Nonstop Database, HiRDB Version 9 Command Reference
(1) Retrieval specifying OR in the retrieval condition (1)
(a) Checking the display
For a single-table retrieval, check to see if TABLE SCAN is used, resulting in poor performance.
(b) Better method
If the same conditions are specified on both sides of OR, take the condition outside OR.
(c) Reason
- Single-table retrieval
- If an index is defined for the predicate that was taken outside, the search range can be narrowed in the index, thereby reducing the search time.
- Join retrieval
- If join conditions are connected with OR, obtain the direct product (CROSS JOIN), then evaluate the join condition for the resulting direct product. If the predicate taken out is a join condition, the utility executes nested loop join or merge join, thereby reducing the number of data match operations during join processing. If the joined column has an index defined, the utility can use the index during join processing, thereby reducing the number of input/output operations.
(d) Examples
OR should be converted to the IN predicate in some cases. For details, see (2) Retrieval specifying OR in the retrieval condition (2).
- Single-table retrieval
- Index defined for C1
SELECT * FROM T1 WHERE (C1=10 AND C2=20) OR (C1=10 AND C2=30)
SELECT * FROM T1 WHERE C1=10 AND (C2=20 OR C2=30)
- If a multicolumn index is defined for (C1,C2) because C1=10 cannot be narrowed sufficiently, performance may be better if C1=10 is kept inside.
- Join retrieval
SELECT * FROM T1, T2
WHERE (T1.C1=T2.C1 AND T1.C2=10) OR (T1.C1=T2.C1 AND T2.C2=20)

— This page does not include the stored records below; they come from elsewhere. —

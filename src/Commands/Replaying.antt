-- ===== src/Commands/Replaying.antt =====
-- uscan/src/commands.rs: the exit code of `selftest`, and the capture of `selftest2pcap`.
use uscan.Prelude.{
  ℕ, ◌≡◌, ◌↔◌, ◌⊎◌, refl, Bool, true, false, List, [], ◌∷◌, Option, none, some, arith, inl, inr,
  drop, ◌≤◌,
}
use uscan.Prelude.{Bool-cases, length, All, Text, Bytes}
use uscan.Prelude.Results.{ok}
use uscan.Pcap.{new, append_udp}
use uscan.Pcap.Record.{Packet, frame_of, append_all, read_frames, read_frames-append_all}
use uscan.Output.{Renderer}
use uscan.Devices.{Device}
use uscan.Selftest.{Replay, Replayed, devices, failed, panicked}
use uscan.Commands.{
  selected, is_empty, replay_loop, run_selftest, PcapFiles, loopback, run_selftest2pcap,
}

abbrev pub succeeded : Replayed → Bool
succeeded (devices ds) = true
succeeded (failed e) = false
succeeded panicked = false

Replayed-cases :
    (x : Replayed)
    → ((ds : List Device) × (x ≡ devices ds)) ⊎ (((e : Text) × (x ≡ failed e)) ⊎ (x ≡ panicked))
Replayed-cases (devices ds) = inl (ds, refl)
Replayed-cases (failed e) = inr (inl (e, refl))
Replayed-cases panicked = inr (inr refl)

replay_loop_zero :
    (r : Renderer) (replay : Replay → Replayed) (res : List Replay) (failed_before : Bool)
    → ((replay_loop r replay res failed_before).code ≡ 0)
      ↔ ((failed_before ≡ false) × All (λ re. succeeded (replay re) ≡ true) res)
unfolding replay_loop
replay_loop_zero r replay [] true =
    (λ e. absurd (omega (arith, e)), λ (e, u). absurd (ground (arith, e)))
replay_loop_zero r replay [] false = (λ e. (refl, tt), λ h. refl)
replay_loop_zero r replay (re ∷ res) failed_before = elim (Replayed-cases (replay re)) [
  | inl (ds, done) ↦
      let ih = replay_loop_zero r replay res failed_before in
      rw (done, replay_loop)
        (λ e. let (b, a) = ih.0 e in (b, (refl, a)), λ (b, (u, a)). ih.1 (b, a))
  | inr (inl (text, wrong)) ↦
      let ih = replay_loop_zero r replay res true in
      rw (wrong, replay_loop)
        (λ e. absurd (ground (arith, (ih.0 e).0)), λ (b, (u, a)). absurd (ground (arith, u)))
  | inr (inr wrong) ↦
      rw (wrong, replay_loop)
        (λ e. absurd (omega (arith, e)), λ (b, (u, a)). absurd (ground (arith, u)))
]

-- Some replay has the name that is asked for.
abbrev pub Known : Option Text → List Replay → Type 0
Known none replays = Unit {0}
Known (some want) replays = is_empty (selected (some want) replays) ≡ false

-- `selftest` exits with 0 exactly if the name that is asked for is known and each of the replays that it
-- selects gives devices, be it none, instead of an error or a panic.
pub run_selftest_zero :
    (r : Renderer) (replay : Replay → Replayed) (replays : List Replay) (protocol : Option Text)
    → ((run_selftest r replay replays protocol).code ≡ 0) ↔ (
        Known protocol replays
        × All (λ re. succeeded (replay re) ≡ true) (selected protocol replays))
unfolding run_selftest selected
run_selftest_zero r replay replays none =
    let h = replay_loop_zero r replay replays false in
    (λ e. (tt, (h.0 e).1), λ (u, a). h.1 (refl, a))
run_selftest_zero r replay replays (some want) =
    elim (Bool-cases (is_empty (selected (some want) replays))) [
      | inl none_there ↦
          rw (none_there, run_selftest)
            (λ e. absurd (omega (arith, e)), λ (k, a). absurd (ground (arith, k, none_there)))
      | inr some_there ↦
          let h = replay_loop_zero r replay (selected (some want) replays) false in
          rw (some_there, run_selftest) (λ e. (refl, (h.0 e).1), λ (k, a). h.1 (refl, a))
    ]

abbrev pub datagram_of : ℕ → ℕ → ℕ → Bytes → Packet
datagram_of secs micros dest_port payload = record {
  secs = secs;
  micros = micros;
  src4 = loopback;
  src_port = 1024;
  dst4 = loopback;
  dst_port = dest_port;
  payload = payload;
}

-- `selftest2pcap` with a new output file, a fixture of at most 65493 bytes and no error of the files exits
-- with 0, and a reader finds in the capture exactly one frame: the fixture as a datagram from 127.0.0.1
-- to the port.
pub run_selftest2pcap-read_frames :
    (files : PcapFiles) (in_file out_file : Text) (dest_port secs micros : ℕ) (payload : Bytes)
    → files.exists ≡ false
    → files.payload ≡ ok payload
    → files.modified ≡ ok (secs, micros)
    → files.created ≡ ok new
    → files.written ≡ true
    → length payload ≤ 65493
    → ((run_selftest2pcap files in_file out_file dest_port).0.code ≡ 0)
      × ((run_selftest2pcap files in_file out_file dest_port).1
          ≡ some (append_all new (datagram_of secs micros dest_port payload ∷ [])))
      × (read_frames 1
            (drop 24 (append_all new (datagram_of secs micros dest_port payload ∷ [])).file)
          ≡ frame_of (datagram_of secs micros dest_port payload) ∷ [])
unfolding run_selftest2pcap append_all append_udp
run_selftest2pcap-read_frames files in_file out_file dest_port secs micros payload absent read time
      created taken fits =
    let p = datagram_of secs micros dest_port payload in
    let back = (read_frames-append_all (p ∷ []) (fits, tt)).0 in
    rw
      (
        absent, run_selftest2pcap, read, run_selftest2pcap, time, run_selftest2pcap, created,
        run_selftest2pcap, taken,
      )
      (refl, rw (taken, append_udp) refl, back)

SELECT * FROM T1, T2 WHERE T1.C1=T2.C1 AND (T1.C2=10 OR T2.C2=20)
(2) Retrieval specifying OR in the retrieval condition (2)
(a) Checking the display
If the condition is specified with OR for the same column, check to see if performance is poor because there is no search condition or valid search condition to narrow the index search condition.
(b) Better method
The better method depends on whether the HiRDB version is 06-02 or later, the HiRDB version is earlier than 06-01 and a single-column index is defined, or the HiRDB version is earlier than 06-01 and a multicolumn index is defined.
- When the HiRDB version is 06-02 or later
Use the IN predicate if the = predicate is specified for the same column on both sides of the OR operator and an index is defined for the column.
- When the HiRDB version is earlier than 06-01 and a single-column index is defined
Use the IN predicate if the = predicate is specified for the same column on both sides of the OR operator and a single-column index is defined for the column.
- When the HiRDB version is earlier than 06-01 and a multicolumn index is defined
Use the OR operator if the IN predicate is specified for the column which is the first component column of the multicolumn index.
(c) Reason
- When the HiRDB version is 06-02 or later
For a single-column index or multicolumn index, the utility searches the index for each value specification in the IN predicate (search condition type ATS or RANGES), narrowing the index search range; therefore, the CPU time and the number of input/output operations can be reduced.
- When the HiRDB version is earlier than 06-01 and a single-column index is defined
For a single-column index, the utility searches the index for each value specification in the IN predicate (search condition type ATS), narrowing the index search range; therefore, the CPU time and the number of input/output operations can be reduced.
- When the HiRDB version is earlier than 06-01 and a multicolumn index is defined
For a multicolumn index, the utility searches the minimum value to the maximum value specified in the IN predicate (if the value specification includes a non-literal value, the utility references all leaf pages); therefore, the index search range is wide.
If it is converted to an OR operation, Scan Type may be OR PLURAL INDEXES SCAN. In such a case, the utility searches the index for the left-hand term of the OR operator separately from the right-hand term; therefore, the index search range is narrowed and the input/output time is reduced.
(d) Examples
- When a single-column index is defined for T1(C1) or a multicolumn index is defined for T1(C1,C2) (when the HiRDB version is 06-02 or later)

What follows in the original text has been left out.